What is being asked: Please copy every record exactly as it is written.

Stored data:
◇ ◇ ◇ ◇ ◇
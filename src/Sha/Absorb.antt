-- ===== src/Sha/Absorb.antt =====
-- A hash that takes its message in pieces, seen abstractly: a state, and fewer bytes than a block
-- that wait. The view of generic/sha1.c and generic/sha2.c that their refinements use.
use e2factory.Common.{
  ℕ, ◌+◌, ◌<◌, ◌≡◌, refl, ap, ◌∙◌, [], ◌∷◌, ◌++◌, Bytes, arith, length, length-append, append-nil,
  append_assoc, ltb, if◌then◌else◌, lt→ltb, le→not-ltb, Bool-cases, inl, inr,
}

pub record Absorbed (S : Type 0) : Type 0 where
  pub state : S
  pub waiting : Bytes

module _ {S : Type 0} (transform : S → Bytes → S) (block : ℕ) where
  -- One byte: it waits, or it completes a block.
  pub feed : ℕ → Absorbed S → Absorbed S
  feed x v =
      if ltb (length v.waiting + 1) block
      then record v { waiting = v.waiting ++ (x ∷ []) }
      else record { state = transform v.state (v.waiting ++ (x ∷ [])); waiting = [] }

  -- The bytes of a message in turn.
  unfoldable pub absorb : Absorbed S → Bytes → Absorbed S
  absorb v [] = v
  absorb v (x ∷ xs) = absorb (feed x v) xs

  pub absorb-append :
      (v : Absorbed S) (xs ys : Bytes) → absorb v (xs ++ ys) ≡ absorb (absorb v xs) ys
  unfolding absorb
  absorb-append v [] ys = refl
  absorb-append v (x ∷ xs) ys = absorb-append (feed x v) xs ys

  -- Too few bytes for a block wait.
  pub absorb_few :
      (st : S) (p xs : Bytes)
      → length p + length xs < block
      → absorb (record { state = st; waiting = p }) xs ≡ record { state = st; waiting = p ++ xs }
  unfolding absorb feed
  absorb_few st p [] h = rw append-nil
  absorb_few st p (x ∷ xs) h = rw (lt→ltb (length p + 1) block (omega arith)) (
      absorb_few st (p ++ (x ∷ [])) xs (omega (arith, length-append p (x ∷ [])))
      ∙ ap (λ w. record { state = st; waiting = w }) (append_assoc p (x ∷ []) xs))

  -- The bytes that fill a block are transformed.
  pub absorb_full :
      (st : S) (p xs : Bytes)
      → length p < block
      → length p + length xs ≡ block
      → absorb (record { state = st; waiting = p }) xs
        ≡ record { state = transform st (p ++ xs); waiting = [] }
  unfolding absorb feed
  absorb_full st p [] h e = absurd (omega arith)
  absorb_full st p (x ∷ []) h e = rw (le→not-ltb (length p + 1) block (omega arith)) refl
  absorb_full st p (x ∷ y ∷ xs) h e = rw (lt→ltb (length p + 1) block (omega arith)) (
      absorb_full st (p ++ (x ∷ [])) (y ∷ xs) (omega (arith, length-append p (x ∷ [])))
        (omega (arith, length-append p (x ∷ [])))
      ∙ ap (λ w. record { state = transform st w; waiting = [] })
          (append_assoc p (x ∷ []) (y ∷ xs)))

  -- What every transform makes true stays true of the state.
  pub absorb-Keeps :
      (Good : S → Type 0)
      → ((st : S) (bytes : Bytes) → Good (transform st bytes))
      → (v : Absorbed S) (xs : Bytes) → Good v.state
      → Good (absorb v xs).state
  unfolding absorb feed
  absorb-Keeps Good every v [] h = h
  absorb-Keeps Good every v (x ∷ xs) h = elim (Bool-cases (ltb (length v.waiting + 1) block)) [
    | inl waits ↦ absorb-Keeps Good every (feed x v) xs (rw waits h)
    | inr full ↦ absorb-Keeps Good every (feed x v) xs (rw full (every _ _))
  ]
◇ ◇ ◇ ◇ ◇
Written response:
filename src/Sha/Absorb.antt
-- ===== src/Sha/Absorb.antt =====
-- A hash that takes its message in pieces, seen abstractly: a state, and fewer bytes than a block
-- that wait. The view of generic/sha1.c and generic/sha2.c that their refinements use.
use e2factory.Common.{
  ℕ, ◌+◌, ◌<◌, ◌≡◌, refl, ap, ◌∙◌, [], ◌∷◌, ◌++◌, Bytes, arith, length, length-append, append-nil,
  append_assoc, ltb, if◌then◌else◌, lt→ltb, le→not-ltb, Bool-cases, inl, inr,
}

pub record Absorbed (S : Type 0) : Type 0 where
  pub state : S
  pub waiting : Bytes

module _ {S : Type 0} (transform : S → Bytes → S) (block : ℕ) where
  -- One byte: it waits, or it completes a block.
  pub feed : ℕ → Absorbed S → Absorbed S
  feed x v =
      if ltb (length v.waiting + 1) block
      then record v { waiting = v.waiting ++ (x ∷ []) }
      else record { state = transform v.state (v.waiting ++ (x ∷ [])); waiting = [] }

  -- The bytes of a message in turn.
  unfoldable pub absorb : Absorbed S → Bytes → Absorbed S
  absorb v [] = v
  absorb v (x ∷ xs) = absorb (feed x v) xs

  pub absorb-append :
      (v : Absorbed S) (xs ys : Bytes) → absorb v (xs ++ ys) ≡ absorb (absorb v xs) ys
  unfolding absorb
  absorb-append v [] ys = refl
  absorb-append v (x ∷ xs) ys = absorb-append (feed x v) xs ys

  -- Too few bytes for a block wait.
  pub absorb_few :
      (st : S) (p xs : Bytes)
      → length p + length xs < block
      → absorb (record { state = st; waiting = p }) xs ≡ record { state = st; waiting = p ++ xs }
  unfolding absorb feed
  absorb_few st p [] h = rw append-nil
  absorb_few st p (x ∷ xs) h = rw (lt→ltb (length p + 1) block (omega arith)) (
      absorb_few st (p ++ (x ∷ [])) xs (omega (arith, length-append p (x ∷ [])))
      ∙ ap (λ w. record { state = st; waiting = w }) (append_assoc p (x ∷ []) xs))

  -- The bytes that fill a block are transformed.
  pub absorb_full :
      (st : S) (p xs : Bytes)
      → length p < block
      → length p + length xs ≡ block
      → absorb (record { state = st; waiting = p }) xs
        ≡ record { state = transform st (p ++ xs); waiting = [] }
  unfolding absorb feed
  absorb_full st p [] h e = absurd (omega arith)
  absorb_full st p (x ∷ []) h e = rw (le→not-ltb (length p + 1) block (omega arith)) refl
  absorb_full st p (x ∷ y ∷ xs) h e = rw (lt→ltb (length p + 1) block (omega arith)) (
      absorb_full st (p ++ (x ∷ [])) (y ∷ xs) (omega (arith, length-append p (x ∷ [])))
        (omega (arith, length-append p (x ∷ [])))
      ∙ ap (λ w. record { state = transform st w; waiting = [] })
          (append_assoc p (x ∷ []) (y ∷ xs)))

  -- What every transform makes true stays true of the state.
  pub absorb-Keeps :
      (Good : S → Type 0)
      → ((st : S) (bytes : Bytes) → Good (transform st bytes))
      → (v : Absorbed S) (xs : Bytes) → Good v.state
      → Good (absorb v xs).state
  unfolding absorb feed
  absorb-Keeps Good every v [] h = h
  absorb-Keeps Good every v (x ∷ xs) h = elim (Bool-cases (ltb (length v.waiting + 1) block)) [
    | inl waits ↦ absorb-Keeps Good every (feed x v) xs (rw waits h)
    | inr full ↦ absorb-Keeps Good every (feed x v) xs (rw full (every _ _))
  ]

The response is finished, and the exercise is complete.